The hot-dip plated steel material of the present embodiment is a hot-dip plated steel material having a steel material and a plating layer disposed on the surface of the steel material. The average chemical composition of the plating layer is, in mass%,
Al: more than 10.0% and less than 45.0%;
Mg: 4.0% or more, 15.0% or less,
Si: 0.01% or more, 2.0% or less,
At least one of Cu of 0.03% or more and 5.0% or less and Ag of 0.03% or more and 6.0% or less;
and further comprising
Sn: 0% or more, 0.7% or less,
Bi: 0% or more, 0.3% or less,
In: 0% or more, 0.3% or less,
Ca: 0% or more, 0.6% or less,
Y: 0% or more, 0.3% or less,
La: 0% or more, 0.3% or less,
Ce: 0% or more, 0.3% or less,
Sr: 0% or more, 0.3% or less,
Li: 0% or more, 0.3% or less,
Ni: 0% or more, 1.0% or less,
Cr: 0% or more, 0.5% or less,
Mo: 0% or more, 0.3% or less,
Sb: 0% or more, 0.25% or less,
Pb: 0% or more, 0.25% or less,
B: 0% or more, 0.5% or less,
P: 0% or more, 0.5% or less,
Ti: 0% or more, 0.25% or less,
Co: 0% or more, 0.25% or less,
V: 0% or more, 0.25% or less,
Nb: 0% or more, 0.25% or less,
Mn: 0% or more, 0.25% or less,
Zr: 0% or more, 0.25% or less,
W: 0% or more, 0.25% or less,
Fe: 0% or more, 5.0% or less,
The balance includes Zn and impurities,
The total content of Cu and Ag satisfies 0.03% or more and 6.0% or less.

(Steel)
First, the steel material (original sheet) to be plated will be described.
The steel material is, for example, mainly a steel plate, but the size is not particularly limited. The steel plate may be any steel plate that can be applied to a normal hot-dip galvanizing process. Specifically, this applies to steel plates that can be applied to a process in which the steel plate is immersed in molten metal and solidified, such as a continuous hot-dip galvanizing line (CGL). The size of the steel plate may be, for example, a plate thickness of 10 mm or less and a plate width of 2000 mm or less, but the size of the steel plate is not limited to this.
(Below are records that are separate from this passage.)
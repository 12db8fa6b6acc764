-- ===== src/Handlers/Dispatcher/Dispatching.antt =====
-- How a request reaches the handler of a route, in
-- src/piconaut/handlers/global_dispatcher_handler.h.
use piconaut.Prelude.{
  ℕ, ◌≤◌, Str, bytes, length, true, false, Option, none, some, or_old, List, [], ◌∷◌, ◌++◌, Map,
  lookup, emplace, lookup-emplace, ◌≡◌, refl, ◌∙◌, ap, nat_eq, list_eq, nat_beq_iff, Bool-cases,
  inl, inr, ◌==◌, if◌then◌else◌,
}
use piconaut.Errors.{Error, invalid_argument, out_of_range, bad_function_call}
use piconaut.Utils.Strings.{npos}
use piconaut.Utils.Strings.Split.{split}
use piconaut.Routers.Pattern.{is_valid_route}
use piconaut.Routers.Router.{is_empty, match_route, add_parts}
use piconaut.Routers.Router.Matching.{Chosen, captured, match-add_parts}
use piconaut.Routers.Router.Fresh.{AllFit, match_prefix}
use piconaut.Routers.Router.Paths.{add_route_valid, add_route_invalid, match_route_lem}
use piconaut.Http.Request.{H2oReq, get_path}
use piconaut.Http.Response.{Exchange, InlineFault, send}
use piconaut.Handlers.Dispatcher.{
  Route, make_route, request_handler, dispatcher_fn, GlobalDispatcherHandler, done, Outcome, thrown,
  new_dispatcher, finish_register, with_route, register_route_handler, dispatcher, handle_impl,
  not_found,
}

-- What a request throws at a node without a handler, by what `routes_` has under the node's key: the
-- lookup throws, or the call of the empty function.
abbrev pub no_function {ℓ} : {A : Type ℓ} → Option A → Error
no_function none = out_of_range
no_function (some route) = bad_function_call

module _ {Hd : Type 0} (hasher : Str → ℕ) (path : Str) (handler : Option Hd)
    (d : GlobalDispatcherHandler Hd) where
  pub register_valid :
      is_valid_route path ≡ true
      → length path ≤ npos
      → register_route_handler hasher path handler d ≡ (
        record {
          router = record {
            root = add_parts (split b'/' path) (hasher path) dispatcher_fn d.router.root;
          };
          routes = emplace (hasher path) (make_route (hasher path) path handler) d.routes;
        },
        none,
      )
  unfolding register_route_handler
  register_valid valid fits =
      ap (finish_register (hasher path) path handler d)
        (add_route_valid path fits valid (hasher path) dispatcher_fn d.router)

  -- Registering a path that is no valid route throws std::invalid_argument with the path in its
  -- message, and leaves the dispatcher unchanged.
  pub register_invalid :
      is_valid_route path ≡ false
      → register_route_handler hasher path handler d
        ≡ (d, some (invalid_argument (bytes "Invalid route pattern: " ++ path)))
  unfolding register_route_handler
  register_invalid invalid =
      ap (finish_register (hasher path) path handler d)
        (add_route_invalid (hasher path) path dispatcher_fn d.router invalid)

-- The lookup for a node without a handler.
pub with_route-no_function :
    {Hd : Type 0} (handle_request : Hd → H2oReq → Map Str Str → Exchange → Outcome)
    (fault : InlineFault) (o : Option (Route Hd))
    → with_route handle_request fault o (λ h. thrown bad_function_call) ≡ thrown (no_function o)
with_route-no_function handle_request fault none = refl
with_route-no_function handle_request fault (some route) = refl

module _ {Hd : Type 0} (handle_request : Hd → H2oReq → Map Str Str → Exchange → Outcome)
    (fault : InlineFault) (d : GlobalDispatcherHandler Hd) (req : H2oReq) (r : Exchange) where
  pub handle_found :
      (k : ℕ) (params : Map Str Str) (route : Route Hd)
      → match_route (get_path req) [] d.router
        ≡ (record { executor = some (some dispatcher_fn); key = some k }, params)
      → lookup k d.routes ≡ some route
      → handle_impl handle_request fault d req r
        ≡ dispatcher handle_request fault req route.req_handler params r
  unfolding handle_impl is_empty request_handler
  handle_found k params route e at =
      rw (e, handle_impl)
        (ap
          (λ o.
            with_route handle_request fault o (λ h. dispatcher handle_request fault req h params r))
          at)

  -- At a node without a handler.
  pub handle_inner :
      (k : ℕ) (params : Map Str Str)
      → match_route (get_path req) [] d.router
        ≡ (record { executor = some none; key = some k }, params)
      → handle_impl handle_request fault d req r ≡ thrown (no_function (lookup k d.routes))
  unfolding handle_impl is_empty
  handle_inner k params e =
      rw (e, handle_impl) (with_route-no_function handle_request fault (lookup k d.routes))

  -- A request that the router finds nothing for is answered with 404.
  pub handle_not_found :
      is_empty (match_route (get_path req) [] d.router).0 ≡ true
      → handle_impl handle_request fault d req r ≡ done (send fault not_found 404 r)
  unfolding handle_impl
  handle_not_found e = rw e refl

module _ {Hd : Type 0} (handle_request : Hd → H2oReq → Map Str Str → Exchange → Outcome)
    (fault : InlineFault) (hasher : Str → ℕ) (path : Str) (handler : Option Hd) where
  -- The route that a path's key stands for, once the path is registered: the entry that has been
  -- there before stays.
  abbrev pub route_for : GlobalDispatcherHandler Hd → Route Hd
  route_for d = or_old (lookup (hasher path) d.routes) (make_route (hasher path) path handler)

  route_of_key :
      (d : GlobalDispatcherHandler Hd)
      → lookup
          (hasher path)
          (emplace (hasher path) (make_route (hasher path) path handler) d.routes)
        ≡ some (route_for d)
  route_of_key d =
      lookup-emplace (hasher path) (hasher path) (make_route (hasher path) path handler) d.routes
      ∙ rw ((nat_beq_iff (hasher path) (hasher path)).1 refl) refl

  -- After a valid path is registered on any dispatcher, path and request path no longer than npos,
  -- a request whose parts the path's parts take (Chosen) is handed by handle_impl to the dispatcher
  -- with the captured parameters, and with the handler of the entry that the path's hash has in
  -- routes_: the new one, or the entry that was there before under the same hash.
  pub handle_registered :
      (d : GlobalDispatcherHandler Hd) (req : H2oReq) (r : Exchange)
      → is_valid_route path ≡ true
      → length path ≤ npos
      → length (get_path req) ≤ npos
      → Chosen (split b'/' path) (split b'/' (get_path req)) d.router.root
      → handle_impl handle_request fault (register_route_handler hasher path handler d).0 req r
        ≡ dispatcher handle_request fault req
            (route_for d).req_handler
            (captured (split b'/' path) (split b'/' (get_path req)) [])
            r
  handle_registered d req r valid fits fits' chosen =
      rw (register_valid hasher path handler d valid fits) (
        handle_found handle_request fault _ req r (hasher path)
          (captured (split b'/' path) (split b'/' (get_path req)) []) (route_for d)
          (match_route_lem (get_path req) [] _ fits'
            ∙ match-add_parts (hasher path) dispatcher_fn (split b'/' path)
                (split b'/' (get_path req)) [] d.router.root chosen)
          (route_of_key d))

  -- On a fresh dispatcher on which one valid path has been registered, path and request path no
  -- longer than npos, handle_impl on a request that takes only the first parts of the path, and not
  -- all, looks the key 0 up and throws: std::out_of_range, or std::bad_function_call where the
  -- path's hash is 0.
  pub handle_prefix :
      (parts : List Str) (part : Str) (rest : List Str) (req : H2oReq) (r : Exchange)
      → is_valid_route path ≡ true
      → length path ≤ npos
      → length (get_path req) ≤ npos
      → split b'/' path ≡ parts ++ part ∷ rest
      → AllFit parts (split b'/' (get_path req))
      → handle_impl handle_request fault
          (register_route_handler hasher path handler new_dispatcher).0
          req
          r
        ≡ thrown (if hasher path == 0 then bad_function_call else out_of_range)
  handle_prefix parts part rest req r valid fits fits' same fit =
      rw (register_valid hasher path handler new_dispatcher valid fits) (
        handle_inner handle_request fault _ req r 0 (captured parts (split b'/' (get_path req)) [])
          (match_route_lem (get_path req) [] _ fits'
            ∙ rw same (
                match_prefix (hasher path) dispatcher_fn parts part rest (split b'/' (get_path req))
                  [] fit))
        ∙ elim (Bool-cases (hasher path == 0)) [ inl e ↦ rw e refl | inr e ↦ rw e refl ])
The quality of the steel material is not particularly limited. Examples of applicable steel materials include general steel, pre-plated steel thinly plated with various metals, Al-killed steel, ultra-low carbon steel, high carbon steel, various high tensile steels, some high alloy steels (steels containing corrosion-resistant strengthening elements such as Ni and Cr), steel for bolts, and steel wire for bridge cables. More specifically, the steel material may be, for example, a hot-rolled steel plate defined in JIS G 3131 (2018), a cold-rolled steel plate defined in JIS G 3141 (2017), a general structural rolled steel material corresponding to the so-called SS material, a so-called general steel included in the hot-rolled steel plate shown in JIS G 3193 (2019), JIS H 8641 (2021), JIS G 3302 (2019), 3303 (2017), 3313 (2017), 3314 (2019), 3315 (2017), 3316 (2016), 3317 (2017), 3318 (2017), 3319 (2017), 3320 (2017), 3321 (2017), 3322 (2017), 3323 (2017), 3324 (2017), 3325 (2017), 3326 (2017), 3327 (2017), 3328 (2017), 3329 (2017), 3330 (2017), 3331 (2017), 3332 (2017), 3333 (2017), 3334 (2017), 3335 (2017), 3336 (2017), 3337 (2017), 3338 (2017), 3339 (2017), 334 ... Pre-plated steels thinly plated with various metals as described in JIS G 317 (2019) and 3321 (2019), rolled steel materials for building structures as described in JIS G 3136 (2012), Al-killed steels, extra-low carbon steels, high carbon steels as described in JIS G 3126 (2015), various high tensile steels as described in JIS G 3113 (2018), 3134 (2018), and 3135 (2018), and some high alloy steels (steels containing corrosion-resistant strengthening elements such as Ni and Cr, etc.) are applicable.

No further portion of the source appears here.